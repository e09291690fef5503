-- ===== src/Store/Spool/Queue.antt =====
-- The spool of a task and direction as a queue of its pending transactions.
use dts.Common.{
  ℕ, String, ◌+◌, ◌≤◌, ◌<◌, ◌≡◌, refl, sym, ◌∙◌, ap, List, [], ◌∷◌, ◌++◌, Option, none, some, ltb,
  ◌||◌, ◌==◌, if◌then◌else◌, All, arith, eq_iff, Bool-cases, inl, inr, Option-cases, take,
}
use dts.Domain.{SpoolRecord, SpoolStatus}
use dts.Store.Defs.{Store}
use dts.Store.Spool.{
  find_id, max_sequence, complete_record, create_cdc_spool, pending_records, insert_by_sequence,
  sort_by_sequence, list_cdc_spool, is_of, is_pending_of,
}
use dts.Store.Spool.Sequence.{IsSequenced, Precedes}

module _ {E : Type 0} where
  -- The abstract view: the pending transactions, oldest first.
  abbrev pub queue : Store E → String → String → List (SpoolRecord E)
  queue s task direction = pending_records task direction s.cdc_spool

  pending_records-append :
      (task direction : String) (vs ws : List (SpoolRecord E))
      → pending_records task direction (vs ++ ws)
        ≡ pending_records task direction vs ++ pending_records task direction ws
  unfolding pending_records
  pending_records-append task direction [] ws = refl
  pending_records-append task direction (v ∷ vs) ws =
      ground (arith, pending_records-append task direction vs ws)

  pending_records-later :
      (task direction : String) (v : SpoolRecord E) (vs : List (SpoolRecord E))
      → v.task_id ≡ task
      → v.direction ≡ direction
      → All (Precedes v) vs
      → All (λ w. v.sequence < w.sequence) (pending_records task direction vs)
  unfolding pending_records
  pending_records-later task direction v [] p q h = tt
  pending_records-later task direction v (w ∷ vs) p q h =
      let others = pending_records-later task direction v vs p q h.1 in
      elim (Bool-cases (is_pending_of task direction w)) [
        | inl e ↦
            let same_task : w.task_id ≡ v.task_id =
              ground (arith, eq_iff w.task_id task, eq_iff w.direction direction) in
            let same_direction : w.direction ≡ v.direction =
              ground (arith, eq_iff w.task_id task, eq_iff w.direction direction) in
            rw e (h.0 same_task same_direction, others)
        | inr e ↦ rw e others
      ]

  insert_by_sequence-first :
      (v : SpoolRecord E) (ws : List (SpoolRecord E))
      → All (λ w. v.sequence < w.sequence) ws
      → insert_by_sequence v ws ≡ v ∷ ws
  unfolding insert_by_sequence
  insert_by_sequence-first v [] h = refl
  insert_by_sequence-first v (w ∷ ws) h = ground (arith, h.0)

  sort_by_sequence-pending :
      (task direction : String) (vs : List (SpoolRecord E))
      → IsSequenced vs
      → sort_by_sequence (pending_records task direction vs) ≡ pending_records task direction vs
  unfolding sort_by_sequence pending_records
  sort_by_sequence-pending task direction [] h = refl
  sort_by_sequence-pending task direction (v ∷ vs) h =
      elim (Bool-cases (is_pending_of task direction v)) [
        | inl e ↦
            let p : v.task_id ≡ task =
              ground (arith, eq_iff v.task_id task, eq_iff v.direction direction) in
            let q : v.direction ≡ direction =
              ground (arith, eq_iff v.task_id task, eq_iff v.direction direction) in
            rw e (
              ap (insert_by_sequence v) (sort_by_sequence-pending task direction vs h.1)
              ∙ insert_by_sequence-first v _ (pending_records-later task direction v vs p q h.0))
        | inr e ↦ rw e (sort_by_sequence-pending task direction vs h.1)
      ]

  -- With rising sequences, `ListCDCSpool` with a limit from 1 to 10000 returns the oldest pending
  -- transactions of the task and direction, in the order of staging, up to the limit.
  pub list-eq-take-queue :
      (s : Store E) (task direction : String) (limit : ℕ)
      → IsSequenced s.cdc_spool
      → 0 < limit
      → limit ≤ 10000
      → list_cdc_spool s task direction limit ≡ take limit (queue s task direction)
  unfolding list_cdc_spool
  list-eq-take-queue s task direction limit h low high =
      let same : (if limit == 0 || ltb 10000 limit then 200 else limit) ≡ limit = ground arith in
      rw same (ap (take limit) (sort_by_sequence-pending task direction s.cdc_spool h))

  -- Staging a pending transaction under a new id puts it, completed with the sequence that is returned,
  -- at the back of the queue of its task and direction, and leaves every other queue alone.
  pub stage_queue :
      (json_bytes : List E → Option ℕ) (s : Store E) (v : SpoolRecord E) (task direction : String)
      → find_id v.id s.cdc_spool ≡ none
      → v.status ≡ SpoolStatus.pending
      → let sequence = (create_cdc_spool json_bytes s v).1 in
        queue (create_cdc_spool json_bytes s v).0 task direction
        ≡ queue s task direction
          ++ (if is_of task direction v then complete_record json_bytes sequence v ∷ [] else [])
  unfolding create_cdc_spool
  stage_queue json_bytes s v task direction fresh waiting =
      let w = complete_record json_bytes (max_sequence v.task_id v.direction 0 s.cdc_spool + 1) v in
      rw (fresh, create_cdc_spool)
        (pending_records-append task direction s.cdc_spool (w ∷ [])
          ∙ ap (λ t. queue s task direction ++ t) (unfold pending_records in ground arith))

  pub find_id-append :
      (id : String) (vs : List (SpoolRecord E)) (w : SpoolRecord E)
      → find_id id vs ≡ none
      → w.id ≡ id
      → find_id id (vs ++ (w ∷ [])) ≡ some w
  unfolding find_id
  find_id-append id [] w h e = ground (arith, eq_iff w.id id)
  find_id-append id (v ∷ vs) w h e = ground (arith, find_id-append id vs w)

  pub create_fresh :
      (json_bytes : List E → Option ℕ) (s : Store E) (v : SpoolRecord E)
      → find_id v.id s.cdc_spool ≡ none
      → create_cdc_spool json_bytes s v ≡ (
        record s {
          cdc_spool =
              s.cdc_spool
              ++ (complete_record json_bytes
                    (max_sequence v.task_id v.direction 0 s.cdc_spool + 1)
                    v
                  ∷ []);
        },
        max_sequence v.task_id v.direction 0 s.cdc_spool + 1,
      )
  unfolding create_cdc_spool
  create_fresh json_bytes s v h = rw (h, create_cdc_spool)

  pub create_known :
      (json_bytes : List E → Option ℕ) (s : Store E) (v old : SpoolRecord E)
      → find_id v.id s.cdc_spool ≡ some old
      → create_cdc_spool json_bytes s v ≡ (s, old.sequence)
  unfolding create_cdc_spool
  create_known json_bytes s v old h = rw (h, create_cdc_spool)

  -- Staging is idempotent: a second delivery of a transaction with the same id changes nothing and
  -- returns the sequence of the first.
  pub stage_twice :
      (json_bytes : List E → Option ℕ) (s : Store E) (v w : SpoolRecord E)
      → w.id ≡ v.id
      → create_cdc_spool json_bytes (create_cdc_spool json_bytes s v).0 w
        ≡ create_cdc_spool json_bytes s v
  unfolding create_cdc_spool
  stage_twice json_bytes s v w e = elim (Option-cases (find_id v.id s.cdc_spool)) [
    | inl f ↦
        let c =
          complete_record json_bytes (max_sequence v.task_id v.direction 0 s.cdc_spool + 1) v in
        rw (create_fresh json_bytes s v f) (
          create_known json_bytes _ w c
            (find_id-append w.id s.cdc_spool c (ap (λ i. find_id i s.cdc_spool) e ∙ f) (sym e)))
    | inr (old, f) ↦
        rw (create_known json_bytes s v old f)
          (create_known json_bytes s w old (ap (λ i. find_id i s.cdc_spool) e ∙ f))
  ]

------------------------------------------------------------

**Instructions to follow**: After reading the listing, copy it out exactly and in full.

**Answer box**:
repository e09291690fef5503
-- ===== src/Store/Spool/Queue.antt =====
-- The spool of a task and direction as a queue of its pending transactions.
use dts.Common.{
  ℕ, String, ◌+◌, ◌≤◌, ◌<◌, ◌≡◌, refl, sym, ◌∙◌, ap, List, [], ◌∷◌, ◌++◌, Option, none, some, ltb,
  ◌||◌, ◌==◌, if◌then◌else◌, All, arith, eq_iff, Bool-cases, inl, inr, Option-cases, take,
}
use dts.Domain.{SpoolRecord, SpoolStatus}
use dts.Store.Defs.{Store}
use dts.Store.Spool.{
  find_id, max_sequence, complete_record, create_cdc_spool, pending_records, insert_by_sequence,
  sort_by_sequence, list_cdc_spool, is_of, is_pending_of,
}
use dts.Store.Spool.Sequence.{IsSequenced, Precedes}

module _ {E : Type 0} where
  -- The abstract view: the pending transactions, oldest first.
  abbrev pub queue : Store E → String → String → List (SpoolRecord E)
  queue s task direction = pending_records task direction s.cdc_spool

  pending_records-append :
      (task direction : String) (vs ws : List (SpoolRecord E))
      → pending_records task direction (vs ++ ws)
        ≡ pending_records task direction vs ++ pending_records task direction ws
  unfolding pending_records
  pending_records-append task direction [] ws = refl
  pending_records-append task direction (v ∷ vs) ws =
      ground (arith, pending_records-append task direction vs ws)

  pending_records-later :
      (task direction : String) (v : SpoolRecord E) (vs : List (SpoolRecord E))
      → v.task_id ≡ task
      → v.direction ≡ direction
      → All (Precedes v) vs
      → All (λ w. v.sequence < w.sequence) (pending_records task direction vs)
  unfolding pending_records
  pending_records-later task direction v [] p q h = tt
  pending_records-later task direction v (w ∷ vs) p q h =
      let others = pending_records-later task direction v vs p q h.1 in
      elim (Bool-cases (is_pending_of task direction w)) [
        | inl e ↦
            let same_task : w.task_id ≡ v.task_id =
              ground (arith, eq_iff w.task_id task, eq_iff w.direction direction) in
            let same_direction : w.direction ≡ v.direction =
              ground (arith, eq_iff w.task_id task, eq_iff w.direction direction) in
            rw e (h.0 same_task same_direction, others)
        | inr e ↦ rw e others
      ]

  insert_by_sequence-first :
      (v : SpoolRecord E) (ws : List (SpoolRecord E))
      → All (λ w. v.sequence < w.sequence) ws
      → insert_by_sequence v ws ≡ v ∷ ws
  unfolding insert_by_sequence
  insert_by_sequence-first v [] h = refl
  insert_by_sequence-first v (w ∷ ws) h = ground (arith, h.0)

  sort_by_sequence-pending :
      (task direction : String) (vs : List (SpoolRecord E))
      → IsSequenced vs
      → sort_by_sequence (pending_records task direction vs) ≡ pending_records task direction vs
  unfolding sort_by_sequence pending_records
  sort_by_sequence-pending task direction [] h = refl
  sort_by_sequence-pending task direction (v ∷ vs) h =
      elim (Bool-cases (is_pending_of task direction v)) [
        | inl e ↦
            let p : v.task_id ≡ task =
              ground (arith, eq_iff v.task_id task, eq_iff v.direction direction) in
            let q : v.direction ≡ direction =
              ground (arith, eq_iff v.task_id task, eq_iff v.direction direction) in
            rw e (
              ap (insert_by_sequence v) (sort_by_sequence-pending task direction vs h.1)
              ∙ insert_by_sequence-first v _ (pending_records-later task direction v vs p q h.0))
        | inr e ↦ rw e (sort_by_sequence-pending task direction vs h.1)
      ]

  -- With rising sequences, `ListCDCSpool` with a limit from 1 to 10000 returns the oldest pending
  -- transactions of the task and direction, in the order of staging, up to the limit.
  pub list-eq-take-queue :
      (s : Store E) (task direction : String) (limit : ℕ)
      → IsSequenced s.cdc_spool
      → 0 < limit
      → limit ≤ 10000
      → list_cdc_spool s task direction limit ≡ take limit (queue s task direction)
  unfolding list_cdc_spool
  list-eq-take-queue s task direction limit h low high =
      let same : (if limit == 0 || ltb 10000 limit then 200 else limit) ≡ limit = ground arith in
      rw same (ap (take limit) (sort_by_sequence-pending task direction s.cdc_spool h))

  -- Staging a pending transaction under a new id puts it, completed with the sequence that is returned,
  -- at the back of the queue of its task and direction, and leaves every other queue alone.
  pub stage_queue :
      (json_bytes : List E → Option ℕ) (s : Store E) (v : SpoolRecord E) (task direction : String)
      → find_id v.id s.cdc_spool ≡ none
      → v.status ≡ SpoolStatus.pending
      → let sequence = (create_cdc_spool json_bytes s v).1 in
        queue (create_cdc_spool json_bytes s v).0 task direction
        ≡ queue s task direction
          ++ (if is_of task direction v then complete_record json_bytes sequence v ∷ [] else [])
  unfolding create_cdc_spool
  stage_queue json_bytes s v task direction fresh waiting =
      let w = complete_record json_bytes (max_sequence v.task_id v.direction 0 s.cdc_spool + 1) v in
      rw (fresh, create_cdc_spool)
        (pending_records-append task direction s.cdc_spool (w ∷ [])
          ∙ ap (λ t. queue s task direction ++ t) (unfold pending_records in ground arith))

  pub find_id-append :
      (id : String) (vs : List (SpoolRecord E)) (w : SpoolRecord E)
      → find_id id vs ≡ none
      → w.id ≡ id
      → find_id id (vs ++ (w ∷ [])) ≡ some w
  unfolding find_id
  find_id-append id [] w h e = ground (arith, eq_iff w.id id)
  find_id-append id (v ∷ vs) w h e = ground (arith, find_id-append id vs w)

  pub create_fresh :
      (json_bytes : List E → Option ℕ) (s : Store E) (v : SpoolRecord E)
      → find_id v.id s.cdc_spool ≡ none
      → create_cdc_spool json_bytes s v ≡ (
        record s {
          cdc_spool =
              s.cdc_spool
              ++ (complete_record json_bytes
                    (max_sequence v.task_id v.direction 0 s.cdc_spool + 1)
                    v
                  ∷ []);
        },
        max_sequence v.task_id v.direction 0 s.cdc_spool + 1,
      )
  unfolding create_cdc_spool
  create_fresh json_bytes s v h = rw (h, create_cdc_spool)

  pub create_known :
      (json_bytes : List E → Option ℕ) (s : Store E) (v old : SpoolRecord E)
      → find_id v.id s.cdc_spool ≡ some old
      → create_cdc_spool json_bytes s v ≡ (s, old.sequence)
  unfolding create_cdc_spool
  create_known json_bytes s v old h = rw (h, create_cdc_spool)

  -- Staging is idempotent: a second delivery of a transaction with the same id changes nothing and
  -- returns the sequence of the first.
  pub stage_twice :
      (json_bytes : List E → Option ℕ) (s : Store E) (v w : SpoolRecord E)
      → w.id ≡ v.id
      → create_cdc_spool json_bytes (create_cdc_spool json_bytes s v).0 w
        ≡ create_cdc_spool json_bytes s v
  unfolding create_cdc_spool
  stage_twice json_bytes s v w e = elim (Option-cases (find_id v.id s.cdc_spool)) [
    | inl f ↦
        let c =
          complete_record json_bytes (max_sequence v.task_id v.direction 0 s.cdc_spool + 1) v in
        rw (create_fresh json_bytes s v f) (
          create_known json_bytes _ w c
            (find_id-append w.id s.cdc_spool c (ap (λ i. find_id i s.cdc_spool) e ∙ f) (sym e)))
    | inr (old, f) ↦
        rw (create_known json_bytes s v old f)
          (create_known json_bytes s w old (ap (λ i. find_id i s.cdc_spool) e ∙ f))
  ]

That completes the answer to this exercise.